**Work to be completed:** Report how many lines below include "Within", giving the figure alone.
*** Input ***
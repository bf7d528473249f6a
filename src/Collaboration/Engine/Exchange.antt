-- ===== src/Collaboration/Engine/Exchange.antt =====
-- `advance_collaboration` beside the invariant of the engine's states.
use super_scientist_orchestr.Prelude.{
  ℕ, ◌+◌, String, ◌≡◌, refl, sym, ap, ◌∙◌, true, false, none, some, List, [], ◌∷◌, ◌++◌, arith,
  ==_iff, nat_eq, string_eq, option_eq, list_eq, pair_eq, bool_eq, length, contains, get_elem?,
  last, before_last, get_elem?-length, is_some, bind_intro,
}
use super_scientist_orchestr.Collaboration.{
  Resources, PeerRequest, PeerContribution, CollaborationState, CollaborationTransitionKind,
  CollaborationTransition, Platform,
}
use super_scientist_orchestr.Collaboration.Termination.{
  peers_of, topology_hashes, churn_count, contribution_depths, add_depth, set_depth,
}
use super_scientist_orchestr.Collaboration.Integrity.{counts_bind, nothing_retained}
use super_scientist_orchestr.Collaboration.Integrity.Replay.{replay_kind, replay}
use super_scientist_orchestr.Collaboration.Integrity.Extension.{Extends, replay-append}
use super_scientist_orchestr.Collaboration.Engine.{
  evaluate_termination, exchanged, is_expected, has_declared_uses, require_parents, is_affordable,
}
use super_scientist_orchestr.Collaboration.Observation.{with_hashes, request_ids_of}
use super_scientist_orchestr.Collaboration.Engine.Progressed.{
  progress_of, exchange-progress_of, contribution_depths-append,
}
use super_scientist_orchestr.Collaboration.Engine.Retained.{
  retained_of, exchanges_bind-append, eligible-declared,
}
use super_scientist_orchestr.Collaboration.Engine.Exchanged.{
  expected-first, require_parents-inv, is_affordable-inv, exchange_step-retained_of,
}
use super_scientist_orchestr.Collaboration.Engine.Counted.{going-HasLeft, exchanged-counts_bind}
use super_scientist_orchestr.Collaboration.Engine.Replayed.{
  IsReplayed, as_many, declared, Within-refl, Within-append, length-grow, sealed, step-observed,
  observed-at,
}

-- What the engine checks before an exchange, and that its request is new.
pub record MayExchange (platform : Platform) (s : CollaborationState) (r : PeerRequest)
    (c : PeerContribution) (u : Resources) (depth : ℕ) : Type 0 where
  pub going : is_some (evaluate_termination platform s) ≡ false
  pub expected : is_expected platform s.session s r c ≡ true
  pub uses : has_declared_uses platform s.session r c ≡ true
  pub parents : require_parents platform s.session s r c ≡ some depth
  pub affordable : is_affordable platform s.session s r u ≡ true
  pub fresh : contains (request_ids_of platform s.requests) r.request_id ≡ false

pub at_length :
    {A : Type 0} (xs : List A) (x : A) {n : ℕ} → n ≡ length xs → get_elem? (xs ++ x ∷ []) n ≡ some x
at_length xs x e = ap (get_elem? (xs ++ x ∷ [])) e ∙ get_elem?-length xs [] x

module _ (platform : Platform) (s : CollaborationState) (depths : List (String × ℕ))
    (inv : IsReplayed platform s depths) (r : PeerRequest) (c : PeerContribution) (u : Resources)
    (depth : ℕ) (may : MayExchange platform s r c u depth) (hash : String) where
  abbrev depths' : List (String × ℕ)
  depths' = set_depth c.contribution_id depth depths

  abbrev s1 : CollaborationState
  s1 = exchanged platform s.session s r c u

  abbrev transition : CollaborationTransition
  transition = record {
    position = s.scheduling_position + 1;
    kind = CollaborationTransitionKind.peer_exchange;
    request_id = some r.request_id;
    contribution_id = some c.contribution_id;
    topology_event_id = none;
  }

  -- The state that the engine builds, with any hash.
  abbrev pub after_exchange : CollaborationState
  after_exchange =
      sealed
        (with_hashes platform s1 (before_last (topology_hashes s.topology_history))
          (churn_count (topology_hashes s.topology_history)) depths')
        hash

  added : add_depth depths c ≡ some depths'
  unfolding add_depth
  added = bind_intro _ (require_parents-inv platform s r c depths inv.known may.parents).1 refl

  sender : r.sender_id ≡ last (peers_of s.contributions)
  unfolding is_expected
  sender =
      let expected = may.expected in
      (==_iff r.sender_id (last (peers_of s.contributions))).0 (ground arith)

  pub known_after : contribution_depths [] (s.contributions ++ c ∷ []) ≡ some depths'
  known_after = contribution_depths-append platform [] s.contributions c inv.known added

  extends : Extends s after_exchange
  unfolding with_hashes exchanged
  extends = record {
    session = refl;
    topology_history = Within-refl s.topology_history;
    topology_events = Within-refl s.topology_events;
    requests = Within-append s.requests (r ∷ []);
    contributions = Within-append s.contributions (c ∷ []);
    usage_history = Within-append s.usage_history (u ∷ []);
    observed_state_hashes = Within-append s.observed_state_hashes _;
    cycle_projection_hashes = Within-append s.cycle_projection_hashes _;
  }

  kind_after :
      replay_kind platform after_exchange transition CollaborationTransitionKind.peer_exchange
        (progress_of platform s depths)
      ≡ some (progress_of platform s1 depths')
  unfolding with_hashes exchanged progress_of
  kind_after =
      let (requests, usages) = as_many platform s depths inv in
      bind_intro _ (at_length s.requests r (sym requests)) (
        bind_intro _ (at_length s.contributions c refl) (
          bind_intro _ (at_length s.usage_history u (sym usages)) (
            exchange-progress_of platform s transition r c u depths depths' refl refl sender
              (expected-first platform s r c may.expected)
              (is_affordable-inv platform s r u may.affordable).3 added may.fresh)))

  positioned : s.scheduling_position + 1 ≡ length s.transitions + 1
  unfolding counts_bind
  positioned = let counts = inv.parts.counts in ground arith

  replayed_after :
      replay platform after_exchange ≡ some (progress_of platform after_exchange depths')
  unfolding with_hashes exchanged
  replayed_after =
      replay-append platform s after_exchange transition (progress_of platform s depths)
        (progress_of platform after_exchange depths') extends refl inv.replayed
        (step-observed platform s depths inv may.going after_exchange transition
          (progress_of platform s1 depths') (progress_of platform after_exchange depths') refl
          positioned kind_after
          (observed-at platform s depths inv may.going s1 hash depths' refl refl))

  counts_after : counts_bind platform s.session after_exchange ≡ true
  unfolding counts_bind with_hashes
  counts_after =
      exchanged-counts_bind platform s r c u (going-HasLeft platform s may.going)
        (let below =
            (eligible-declared platform s.session s.topology (peers_of s.contributions)
              (last (peers_of s.contributions)) (expected-first platform s r c may.expected)).1 in
          omega arith)
        inv.parts.counts

  -- The exchange that the engine lets pass leaves a state that its validator lets pass.
  pub after_exchange-IsReplayed : IsReplayed platform after_exchange depths'
  unfolding with_hashes exchanged retained_of
  after_exchange-IsReplayed = record {
    parts = record {
      history = inv.parts.history;
      current = inv.parts.current;
      counts = counts_after;
      completion = refl;
      observations =
          length-grow s.observed_state_hashes s.transitions _ transition inv.parts.observations;
      cycles = length-grow s.cycle_projection_hashes s.transitions _ transition inv.parts.cycles;
    };
    known = known_after;
    replayed = replayed_after;
    retained =
        exchanges_bind-append platform s.session nothing_retained 1 (length s.requests + 1)
          s.requests s.contributions s.usage_history r c u (omega arith) inv.retained
          (exchange_step-retained_of platform s r c u depths inv.known may.expected may.uses
            may.parents may.affordable (declared platform s depths inv) may.fresh);
  }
*** End of Input ***
**Task solution:** 8